IIUC all that's needed to get this going is to install torch_xla currently with the state of accelerate, correct? If so then we just need to setup a new xla-gpu specific docker image to call and run the tests on a similar CI runner to what we have now.

vanbasten23 · 2024-03-11T22:14:21Z

Certainly.

IIUC all that's needed to get this going is to install torch_xla currently with the state of accelerate, correct? If so then we just need to setup a new xla-gpu specific docker image to call and run the tests on a similar CI runner to what we have now.

That's correct. Thanks!

muellerzr · 2024-03-13T16:22:43Z

@vanbasten23 do you have a good "hello world" test that can be run on the GPU docker images to check and see if everything works okay? Hitting a few snags just doing accelerate test, and I can't seem to get things working despite doing PJRT_DEVICE=CUDA.

Docker file I'm testing:

FROM us-central1-docker.pkg.dev/tpu-pytorch-releases/docker/xla:r2.2.0_3.10_cuda_12.1
RUN python3 -m pip install --no-cache-dir \
    git+https://github.com/huggingface/accelerate#egg=accelerate[test_prod,test_integrations] \
    --extra-index-url https://download.pytorch.org/whl/cu117

# Activate the virtualenv
CMD ["/bin/bash"]

vanbasten23 · 2024-03-13T16:39:29Z

Yes.

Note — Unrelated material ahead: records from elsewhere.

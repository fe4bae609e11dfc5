-- ===== src/Object/Memory.antt =====
-- The buffers of the textures: `obj_push_tex`, and the operations of server/object.c on textures one
-- by one.
use s3d.Base.{
  some_of_eq, ℕ, zero, suc, ap, [], ◌∷◌, length-append, ◌-◌, ◌*◌, ◌^◌, ◌≤◌, ◌<◌, ◌≡◌, refl, sym,
  ◌∙◌, arith, Bool, true, false, Bool-cases, Option-cases, inl, inr, Option, some, List, length,
  set, get_elem?, if◌then◌else◌, ltb, leb, ◌==◌,
}
use s3d.Object.{Tex, Obj, Table, Status, obj_valid, nodata}
use s3d.Object.Data.{gather, unless_nodata, with_obj}
use s3d.Object.Frame.{obj_valid-set}
use s3d.Object.Sizes.{IsSized, AllSized, set-AllSized, length-gather}
use s3d.Object.Texture.{Copy, copies, obj_del_tex, obj_update_tex, obj_load_tex, load_into}
use s3d.Object.Textures.{obj_push_tex, up_to, new_tex}
use s3d.Object.Bounds.{AllWithin, copies_within}
use s3d.Object.Drawable.{AllDrawable, AllDrawable-append, gather-AllDrawable}
use s3d.Object.Buffers.{AllDrawable-get, AllDrawable-set, drawn-IsDrawable, delete_from-AllDrawable}
use s3d.Object.Draws.{load_tex-cases}
use s3d.Object.Flags.{obj_toggle_flags, toggle}

-- the textures of every object are drawable
abbrev pub HasBuffers : {F : Type 0} → Table F → Type 0
HasBuffers {F} t = (i : ℕ) (o : Obj F) → obj_valid t i ≡ some o → AllDrawable o.p_tex

up_to-id : (gap : ℕ → Tex) (i m : ℕ) (ts : List Tex) → m ≡ length ts → up_to gap i m ts ≡ ts
unfolding up_to
up_to-id gap i zero [] e = refl
up_to-id gap i zero (tx ∷ ts) e = absurd (omega arith)
up_to-id gap i (suc m) [] e = absurd (omega arith)
up_to-id gap i (suc m) (tx ∷ ts) e = ap (λ l. tx ∷ l) (up_to-id gap (suc i) m ts (omega arith))

AllWithin-longer : (a b b' : ℕ) (cs : List Copy) → b ≤ b' → AllWithin a b cs → AllWithin a b' cs
AllWithin-longer a b b' [] le h = tt
AllWithin-longer a b b' (c ∷ cs) le h = (h.0, omega arith, AllWithin-longer a b b' cs le h.2)

module _ {F : Type 0} where
  set-HasBuffers :
      (t : Table F) (oid : ℕ) {o : Obj F} (o' : Obj F)
      → obj_valid t oid ≡ some o
      → AllDrawable o'.p_tex
      → HasBuffers t
      → HasBuffers (set t oid (some o'))
  set-HasBuffers t oid {o} o' e s h i x p = elim (Bool-cases (oid == i)) [
    | inl same ↦
        let here : some o' ≡ some x = sym (obj_valid-set t oid i o' e ∙ rw same refl) ∙ p in
        rw (← some_of_eq here) s
    | inr other ↦ h i x (sym (obj_valid-set t oid i o' e ∙ rw other refl) ∙ p)
  ]

  with_obj-HasBuffers :
      (t : Table F) (oid : ℕ) (body : Obj F → Status × Obj F)
      → ((o : Obj F) → AllDrawable o.p_tex → AllDrawable (body o).1.p_tex)
      → HasBuffers t
      → HasBuffers (with_obj t oid body).1
  unfolding with_obj
  with_obj-HasBuffers t oid body keep h = elim (Option-cases (obj_valid t oid)) [
    | inl e ↦ rw (e, with_obj) h
    | inr (o, e) ↦ rw (e, with_obj) (set-HasBuffers t oid (body o).1 e (keep o (h oid o e)) h)
  ]

  pub same-HasBuffers :
      (t : Table F) (oid : ℕ) (body : Obj F → Status × Obj F)
      → ((o : Obj F) → (body o).1.p_tex ≡ o.p_tex)
      → HasBuffers t
      → HasBuffers (with_obj t oid body).1
  same-HasBuffers t oid body same = with_obj-HasBuffers t oid body λ o h. rw (same o) h

  if-kept :
      (b : Bool) (x y : Status × Obj F)
      → AllDrawable x.1.p_tex
      → AllDrawable y.1.p_tex
      → AllDrawable (if b then x else y).1.p_tex
  if-kept true x y h k = h
  if-kept false x y h k = k

  -- A change of one object that keeps it both sized and drawable.
  with_obj-both :
      (t : Table F) (oid : ℕ) (body : Obj F → Status × Obj F)
      → ((o : Obj F)
          → IsSized o
          → AllDrawable o.p_tex
          → IsSized (body o).1 × AllDrawable (body o).1.p_tex)
      → AllSized t
      → HasBuffers t
      → AllSized (with_obj t oid body).1 × HasBuffers (with_obj t oid body).1
  unfolding with_obj
  with_obj-both t oid body keep z h = elim (Option-cases (obj_valid t oid)) [
    | inl e ↦ rw (e, with_obj) (z, h)
    | inr (o, e) ↦
        let (sized, drawable) = keep o (z oid o e) (h oid o e) in
        rw (e, with_obj)
          (set-AllSized t oid (body o).1 e sized z, set-HasBuffers t oid (body o).1 e drawable h)
  ]

  if-both :
      (b : Bool) (x y : Status × Obj F)
      → IsSized x.1 × AllDrawable x.1.p_tex
      → IsSized y.1 × AllDrawable y.1.p_tex
      → IsSized (if b then x else y).1 × AllDrawable (if b then x else y).1.p_tex
  if-both true x y h k = h
  if-both false x y h k = k

  -- `obj_push_tex` keeps the counters of every object of a table equal to the number of elements in its
  -- arrays and the textures drawable, if they are so before, whatever sizes are asked for, whether it
  -- gets segments or not, whether realloc succeeds or not, and if each malloc of a buffer succeeds.
  pub push_tex-HasBuffers :
      (shm : ℕ → Option ℕ) (junk : ℕ → ℕ × ℕ) (gap : ℕ → Tex) (mem : Bool) (t : Table F) (oid : ℕ)
      (x : List ℕ) (n : ℕ)
      → AllSized t
      → HasBuffers t
      → AllSized (obj_push_tex shm junk gap mem t oid x n).1
        × HasBuffers (obj_push_tex shm junk gap mem t oid x n).1
  unfolding obj_push_tex unless_nodata
  push_tex-HasBuffers shm junk gap mem t oid x n = with_obj-both t oid _ λ o z h.
      let new = gather n o.n_tex 2 (new_tex shm junk) x in
      let old = up_to-id gap 0 o.n_tex o.p_tex z.texs in
      if-both (nodata o) _ _ (z, h)
        (if-both mem _ _
          (rw old (
            record {
              vertices = z.vertices;
              mats = z.mats;
              polys = z.polys;
              lines = z.lines;
              texs = omega (
                arith,
                z.texs,
                length-append o.p_tex new,
                length-gather n o.n_tex 2 (new_tex shm junk) x,
              );
            },
            AllDrawable-append o.p_tex new h (gather-AllDrawable shm junk n o.n_tex x),
          ))
          (z, h))

  pub update_tex-HasBuffers :
      (t : Table F) (oid tid : ℕ) → HasBuffers t → HasBuffers (obj_update_tex t oid tid).1
  unfolding obj_update_tex
  update_tex-HasBuffers t oid tid = same-HasBuffers t oid _ λ o. ground arith

  pub load_tex-HasBuffers :
      (t : Table F) (oid tex x y w h : ℕ) (pixbuf : List ℕ)
      → HasBuffers t
      → HasBuffers (obj_load_tex t oid tex x y w h pixbuf).1
  load_tex-HasBuffers t oid tex x y w h pixbuf s = elim (load_tex-cases t oid tex x y w h pixbuf) [
    | inl e ↦ rw e s
    | inr d ↦
        let all = s oid d.obj d.is_obj in
        let new =
          drawn-IsDrawable d.tx d.buf d.cs pixbuf (AllDrawable-get d.obj.p_tex tex all d.is_tex)
            d.has_buf in
        rw d.result (
          unfold load_into in
          (update_tex-HasBuffers _ oid tex
            (set-HasBuffers t oid _ d.is_obj (AllDrawable-set d.obj.p_tex tex _ all new) s)))
  ]

  toggle-p_tex : (o : Obj F) (type f : ℕ) → (toggle o type f).1.p_tex ≡ o.p_tex
  unfolding toggle
  toggle-p_tex o type f = ground arith

  pub toggle_flags-HasBuffers :
      (t : Table F) (oid type flags : ℕ)
      → HasBuffers t
      → HasBuffers (obj_toggle_flags t oid type flags).1
  unfolding obj_toggle_flags
  toggle_flags-HasBuffers t oid type flags h = elim (Option-cases (obj_valid t oid)) [
    | inl e ↦ rw (e, obj_toggle_flags) h
    | inr (o, e) ↦
        rw (e, obj_toggle_flags)
          (set-HasBuffers t oid _ e (rw (toggle-p_tex o type _) (h oid o e)) h)
  ]

  pub del_tex-HasBuffers :
      (t : Table F) (oid n : ℕ) → HasBuffers t → HasBuffers (obj_del_tex true t oid n).1
  unfolding obj_del_tex unless_nodata
  del_tex-HasBuffers t oid n = with_obj-HasBuffers t oid _ λ o h. if-kept (nodata o) _ _ h (
      if-kept (leb o.n_tex n) _ _ tt
        (if-kept (ltb 0 n) _ _ (delete_from-AllDrawable o.p_tex (o.n_tex - n) h) h))

  -- In a table whose textures are drawable, every `memcpy` of `obj_load_tex` for a texture that the
  -- array of the object has stays in the buffer of the texture and in that of the request, for `x` up
  -- to 2 ^ 15, if that buffer has the 4 * w * h bytes of the picture.
  pub load_tex_within :
      (t : Table F) (oid tex x y w h : ℕ) (pixbuf : List ℕ) {o : Obj F} {tx : Tex} {buf : List ℕ}
      {cs : List Copy}
      → HasBuffers t
      → obj_valid t oid ≡ some o
      → get_elem? o.p_tex tex ≡ some tx
      → tx.buf ≡ some buf
      → copies tx x y w h ≡ some cs
      → x ≤ 2 ^ 15
      → y < 2 ^ 16
      → 4 * (w * h) ≤ length pixbuf
      → AllWithin (length buf) (length pixbuf) cs
  load_tex_within t oid tex x y w h pixbuf {o} {tx} {buf} {cs} s e0 e1 e2 e3 bx by long =
      let (v, l) = AllDrawable-get o.p_tex tex (s oid o e0) e1 buf e2 in
      rw l (
        AllWithin-longer (4 * (tx.w * tx.h)) (4 * (w * h)) (length pixbuf) cs long
          (copies_within tx x y w h v (omega arith) (omega arith) by e3))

You can use this:
PJRT_DEVICE=CUDA python

import torch, torch_xla
import torch_xla.core.xla_model as xm

t1 = torch.randn(1, 128, device='cpu')
t2 = torch.randn(1, 128, device='cpu')

xt1 = t1.to(xm.xla_device())
xt2 = t2.to(xm.xla_device())

expected = t1 + t2
actual = (xt1 + xt2).cpu()
assert torch.allclose(expected, actual)

muellerzr · 2024-03-13T17:18:12Z

BTW just noticing this, we should eventually change the logic so PJRT_DEVICE is auto-set if multi-gpu is enabled through the config file + torch_xla is available.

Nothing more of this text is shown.